PREVALENCE OF DEPRESSION, STRESS, AND ANXIETY AMONG BLADDER CANCER PATIENTS AND CAREGIVERS:
The results of the assessment showed that some patients and caregivers experienced depression, stress, and anxiety. Some patients experienced severe depression (1.4%) and severe anxiety (3.7%). Some caregivers experienced severe anxiety (0.9%). The results of the depression status examination in patients showed that 13.3% of patients experienced depression, including 18 patients (8.2%) with mild depression, 8 patients (3.7%) with moderate depression, and 3 patients (1.4%) with severe depression. The incidence rate of depression is higher than that of caregivers; 11.4% of caregivers were depressed. Cases of depression in caregivers showed mild depression in 22 caregivers (10%) and moderate depression in 3 caregivers (1.4%). The results of the anxiety examination in patients showed that 46.7% of patients experienced anxiety, including 38 patients (17.4%) who experienced mild anxiety, 54 patients (24.7%) who experienced moderate anxiety, and 8 patients (3.7%) who experienced severe anxiety. The incidence rate of anxiety was higher than that of caregivers, which showed that 37.9% of caregivers experienced anxiety. Among caregivers, 44 (20.1%) had mild anxiety, 37 (16.9%) had moderate anxiety, and 2 (0.9%) had severe anxiety. The results of the stress status examination showed that 21% of patients experienced stress, with 43 patients (19.6%) experiencing mild stress and 3 patients (1.4%) experiencing moderate stress. Stress was common in caregivers, with 25.5% experiencing stress. A total of 52 caregivers (23.7%) experienced mild stress, and 4 caregivers (1.8%) experienced moderate stress. Table 2 presents the results of the assessment of the prevalence of depression, stress, and anxiety.

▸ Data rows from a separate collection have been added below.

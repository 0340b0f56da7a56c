-- ===== src/Regmerge/Paths.antt =====
-- internal/regmerge/optimizer.go: registry paths. A string is its bytes, and a path separates its
-- segments by backslashes.
pub mod Ancestors
use hivekit.Common.{
  ℕ, zero, suc, List, [], ◌∷◌, Bool, true, false, Option, none, some, ◌&&◌, ◌||◌, length, take,
  drop, ltb, ◌==◌, if◌then◌else◌,
}
use hivekit.Common.Bytes.{Bytes}
use hivekit.Common.Text.{backslash, has_prefix}
use hivekit.Format.Consts.{bytes_equal}

abbrev pub hkey : Bytes → Bytes
hkey name = b'H' ∷ b'K' ∷ name

-- The list `prefixes`, in the order in which they are tried.
abbrev prefixes : List Bytes
prefixes =
    hkey (
      b'E' ∷ b'Y' ∷ b'_' ∷ b'L' ∷ b'O' ∷ b'C' ∷ b'A' ∷ b'L' ∷ b'_' ∷ b'M' ∷ b'A' ∷ b'C' ∷ b'H'
      ∷ b'I' ∷ b'N' ∷ b'E' ∷ backslash ∷ [])
    ∷ hkey (b'L' ∷ b'M' ∷ backslash ∷ [])
    ∷ hkey (
        b'E' ∷ b'Y' ∷ b'_' ∷ b'C' ∷ b'U' ∷ b'R' ∷ b'R' ∷ b'E' ∷ b'N' ∷ b'T' ∷ b'_' ∷ b'U' ∷ b'S'
        ∷ b'E' ∷ b'R' ∷ backslash ∷ [])
    ∷ hkey (b'C' ∷ b'U' ∷ backslash ∷ [])
    ∷ hkey (b'E' ∷ b'Y' ∷ b'_' ∷ b'U' ∷ b'S' ∷ b'E' ∷ b'R' ∷ b'S' ∷ backslash ∷ [])
    ∷ hkey (b'U' ∷ backslash ∷ [])
    ∷ hkey (
        b'E' ∷ b'Y' ∷ b'_' ∷ b'C' ∷ b'L' ∷ b'A' ∷ b'S' ∷ b'S' ∷ b'E' ∷ b'S' ∷ b'_' ∷ b'R' ∷ b'O'
        ∷ b'O' ∷ b'T' ∷ backslash ∷ [])
    ∷ hkey (b'C' ∷ b'R' ∷ backslash ∷ [])
    ∷ hkey (
        b'E' ∷ b'Y' ∷ b'_' ∷ b'C' ∷ b'U' ∷ b'R' ∷ b'R' ∷ b'E' ∷ b'N' ∷ b'T' ∷ b'_' ∷ b'C' ∷ b'O'
        ∷ b'N' ∷ b'F' ∷ b'I' ∷ b'G' ∷ backslash ∷ [])
    ∷ hkey (b'C' ∷ b'C' ∷ backslash ∷ [])
    ∷ []

-- The loop over the prefixes.
strip_prefix : Bytes → Bytes → List Bytes → Bytes
unfolding has_prefix
strip_prefix upper path [] = path
strip_prefix upper path (prefix ∷ more) =
    let rest = strip_prefix upper path more in
    if has_prefix upper prefix then drop (length prefix) path else rest

-- strings.ToUpper and strings.ToLower are the first two arguments.
unfoldable pub normalize_path : (Bytes → Bytes) → (Bytes → Bytes) → Bytes → Bytes
unfolding strip_prefix
normalize_path to_upper to_lower path = to_lower (strip_prefix (to_upper path) path prefixes)

abbrev or_first : ℕ → Option ℕ → Option ℕ
or_first c none = if c == backslash then some 0 else none
or_first c (some i) = some (suc i)

-- strings.LastIndex(path, "\\"), with none for -1.
pub last_index : Bytes → Option ℕ
last_index [] = none
last_index (c ∷ path) = or_first c (last_index path)

-- deletedPaths[path]
unfoldable pub is_deleted : Bytes → List Bytes → Bool
unfolding bytes_equal
is_deleted path [] = false
is_deleted path (d ∷ deleted) = bytes_equal d path || is_deleted path deleted

-- What a round does with the index: it stops at -1 and at 0, and else goes on with the parent.
abbrev pub at_index : (Bytes → Option Bool) → List Bytes → Bytes → Option ℕ → Option Bool
at_index later deleted path none = some false
at_index later deleted path (some zero) = some false
at_index later deleted path (some (suc i)) =
    if is_deleted (take (suc i) path) deleted then some true else later (take (suc i) path)

-- The loop over the ancestors, which gives none when it is out of fuel.
pub walk_ancestors : ℕ → List Bytes → Bytes → Option Bool
unfolding is_deleted last_index
walk_ancestors zero deleted path = none
walk_ancestors (suc fuel) deleted path =
    at_index (walk_ancestors fuel deleted) deleted path (last_index path)

abbrev is_true : Option Bool → Bool
is_true (some true) = true
is_true _ = false

unfoldable pub is_under_deleted : Bytes → List Bytes → Bool
unfolding is_deleted walk_ancestors
is_under_deleted path deleted =
    if is_deleted path deleted
    then true
    else is_true (walk_ancestors (suc (length path)) deleted path)
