-- ===== src/Regmerge/Ordering.antt =====
-- internal/regmerge/ordering.go, and the edit operations of pkg/types/api.go that it sorts.
pub mod Permutes
pub mod Groups
pub mod Insertion
use hivekit.Common.{ℕ, suc, List, [], ◌∷◌, ◌++◌, map, Bool, length, leb, ltb, ◌==◌, if◌then◌else◌}
use hivekit.Common.Bytes.{Bytes}
use hivekit.Format.Consts.{bytes_equal}
use hivekit.Merge.Names.{name_lt}
use hivekit.Common.Text.{backslash}

-- The implementations of types.EditOp; `unknown` is the nil interface, the only other value.
pub data EditOp : Type 0 where
  set_value : (path name : Bytes) (type : ℕ) (buffer : Bytes) → EditOp
  delete_value : (path name : Bytes) → EditOp
  create_key : (path : Bytes) → EditOp
  delete_key : (path : Bytes) (recursive : Bool) → EditOp
  unknown : EditOp

unfoldable pub op_priority : EditOp → ℕ
op_priority (create_key path) = 0
op_priority (delete_key path recursive) = 1
op_priority (delete_value path name) = 2
op_priority (set_value path name type buffer) = 3
op_priority unknown = 4

unfoldable pub get_op_path : (Bytes → Bytes) → EditOp → Bytes
get_op_path normalize (create_key path) = normalize path
get_op_path normalize (delete_key path recursive) = normalize path
get_op_path normalize (set_value path name type buffer) = normalize path
get_op_path normalize (delete_value path name) = normalize path
get_op_path normalize unknown = []

-- An opGroup.
pub record OpGroup : Type 0 where
  pub path : Bytes
  pub depth : ℕ
  pub ops : List EditOp

-- strings.Count(path, "\\")
pub count_backslashes : Bytes → ℕ
count_backslashes [] = 0
count_backslashes (c ∷ path) = let n = count_backslashes path in if c == backslash then suc n else n

-- The body of the loop that builds the map: an operation goes to the end of the group of its path.
pub add_op : EditOp → Bytes → List OpGroup → List OpGroup
unfolding bytes_equal count_backslashes
add_op op path [] = record { path = path; depth = count_backslashes path; ops = op ∷ [] } ∷ []
add_op op path (g ∷ groups) =
    let later = add_op op path groups in
    if bytes_equal g.path path then record g { ops = g.ops ++ (op ∷ []) } ∷ groups else g ∷ later

pub group_ops : (Bytes → Bytes) → List EditOp → List OpGroup → List OpGroup
unfolding get_op_path add_op
group_ops normalize [] groups = groups
group_ops normalize (op ∷ ops) groups =
    group_ops normalize ops (add_op op (get_op_path normalize op) groups)

-- The two comparisons that sort.Slice is called with.
unfoldable pub group_less : OpGroup → OpGroup → Bool
unfolding name_lt
group_less a b = if a.depth == b.depth then name_lt a.path b.path else ltb a.depth b.depth

unfoldable pub op_less : EditOp → EditOp → Bool
unfolding op_priority
op_less a b = ltb (op_priority a) (op_priority b)

pub sort_ops : (List EditOp → List EditOp) → OpGroup → List EditOp
sort_ops sort_slice g = if ltb 1 (length g.ops) then sort_slice g.ops else g.ops

unfoldable pub flatten : List (List EditOp) → List EditOp
flatten [] = []
flatten (ops ∷ more) = ops ++ flatten more

-- The two calls of sort.Slice are arguments. The order in which Go ranges over the map of groups is
-- lost in the first sort, since no two groups have the same path.
unfoldable pub order_ops :
    (List OpGroup → List OpGroup)
    → (List EditOp → List EditOp)
    → (Bytes → Bytes)
    → List EditOp
    → List EditOp
unfolding group_ops flatten sort_ops
order_ops sort_groups sort_slice normalize ops =
    if leb (length ops) 1
    then ops
    else flatten (map (sort_ops sort_slice) (sort_groups (group_ops normalize ops [])))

RISK FACTORS FOR DEPRESSION, STRESS, AND ANXIETY AMONG BLADDER CANCER PATIENTS AND CAREGIVERS:
Certain variables were linked to the incidence of depression, stress, and anxiety based on age, routes of patient admission, gender, education level, employment status, income, and marital status. Among patients, age was associated with the incidence of depression (p=0.000, OR 0.790, 95% CI 0.725–0.861, respectively), anxiety (p=0.000, OR 0.667, 95% CI 0.592–0.750, respectively), and stress (p=0.000, OR 0.275, 95% CI 0.210–0.361, respectively). Income was associated with the incidence of depression (p=0.001, OR 4.012, 95% CI 1.759–9.151, respectively), anxiety (p=0.012, OR 2.333, 95% CI 1.189–4.578, respectively), and stress (p=0.007, OR 2.648, 95% CI 1.281–5.474, respectively). Marital status was associated with the incidence of depression (p=0.000, OR 0.014, 95% CI 0.002–0.117, respectively), anxiety (p=0.001, OR 2.308, 95% CI 1.977–2.694, respectively), and stress (p=0.000, OR 0.028, 95% CI 0.003–0.227, respectively). Routes of patient admission (p=0.043, OR=2.322, CI 95% 1.048–5.141, respectively) and employment status (p=0.005, OR=0.292, CI 95% 0.119–0.717, respectively) were correlated with the incidence of depression in patients. Employment status was also associated with stress (p=0.038, OR=0.492, CI 95% 0.250–0.967, respectively). Multivariate analysis showed that income (OR=6.553, 95% CI 95% 2.012–21.340) and marital status (OR=0.030 CI 95% 0.003–0.297) were associated with inpatient depression, while income also affected patient anxiety (OR=4.181, CI 95% 1.259–13.884) and marital status affected stress in the patient (OR=0.054, 95% CI 0.006–0.490) (see Table 3).
Among caregivers, routes of patient admission (p=0.036 OR 2.432, CI 95% 1.309–5.697, respectively) and marital status (p=0.007, OR=0.111, CI 95% 0.026–0.475, respectively) were associated with depression. The results of multivariate analysis of caregivers showed routes of patient admission (OR=2.545, 95% CI 1.037–6.242) and marital status (OR=0.099, 95% CI 0.022–0.450) were associated with caregiver depression, and marital status (OR=0.189, 95% CI 0.037–0.978) was associated with caregiver anxiety (see Table 4).
Discussion
Results from the present study revealed that age, income, and marital status were associated with depression, anxiety, and stress. Routes of patient admission and employment status were associated with the incidence of depression in patients. Employment status was also associated with stress in patients. Routes of patient admission and marital status were related to the incidence of depression among caregivers.
Age was associated with depression, stress, and anxiety. A 2023 study by Mohammed et al. found that bladder cancer patients experienced significant levels of depression and anxiety, and these levels were related to the patient’s age, as well as inadequate supportive care and lack of social support [18]. Other research stated that older age was protective against the development of depression [19]. Advanced age was correlated with the likelihood of developing depression. When bladder cancer was diagnosed and following radical cystectomy surgery, younger patients (less than 65 years old) were more likely than older patients to have psychological anguish [20]. This situation was also found in younger patients with muscle-invasive BC. These patients were more likely to be diagnosed with post-treatment psychiatric disorders, likely due to morbidity and mortality associated with treatment [13]. However, it differed from the results of a 2017 study by Draeger et al., which found that age was not associated with stress levels or the need for psychosocial treatment [21]. A 2016 study by Mengyao Li et al. also found that age was not associated with depression and anxiety in bladder and renal cancer patients [22].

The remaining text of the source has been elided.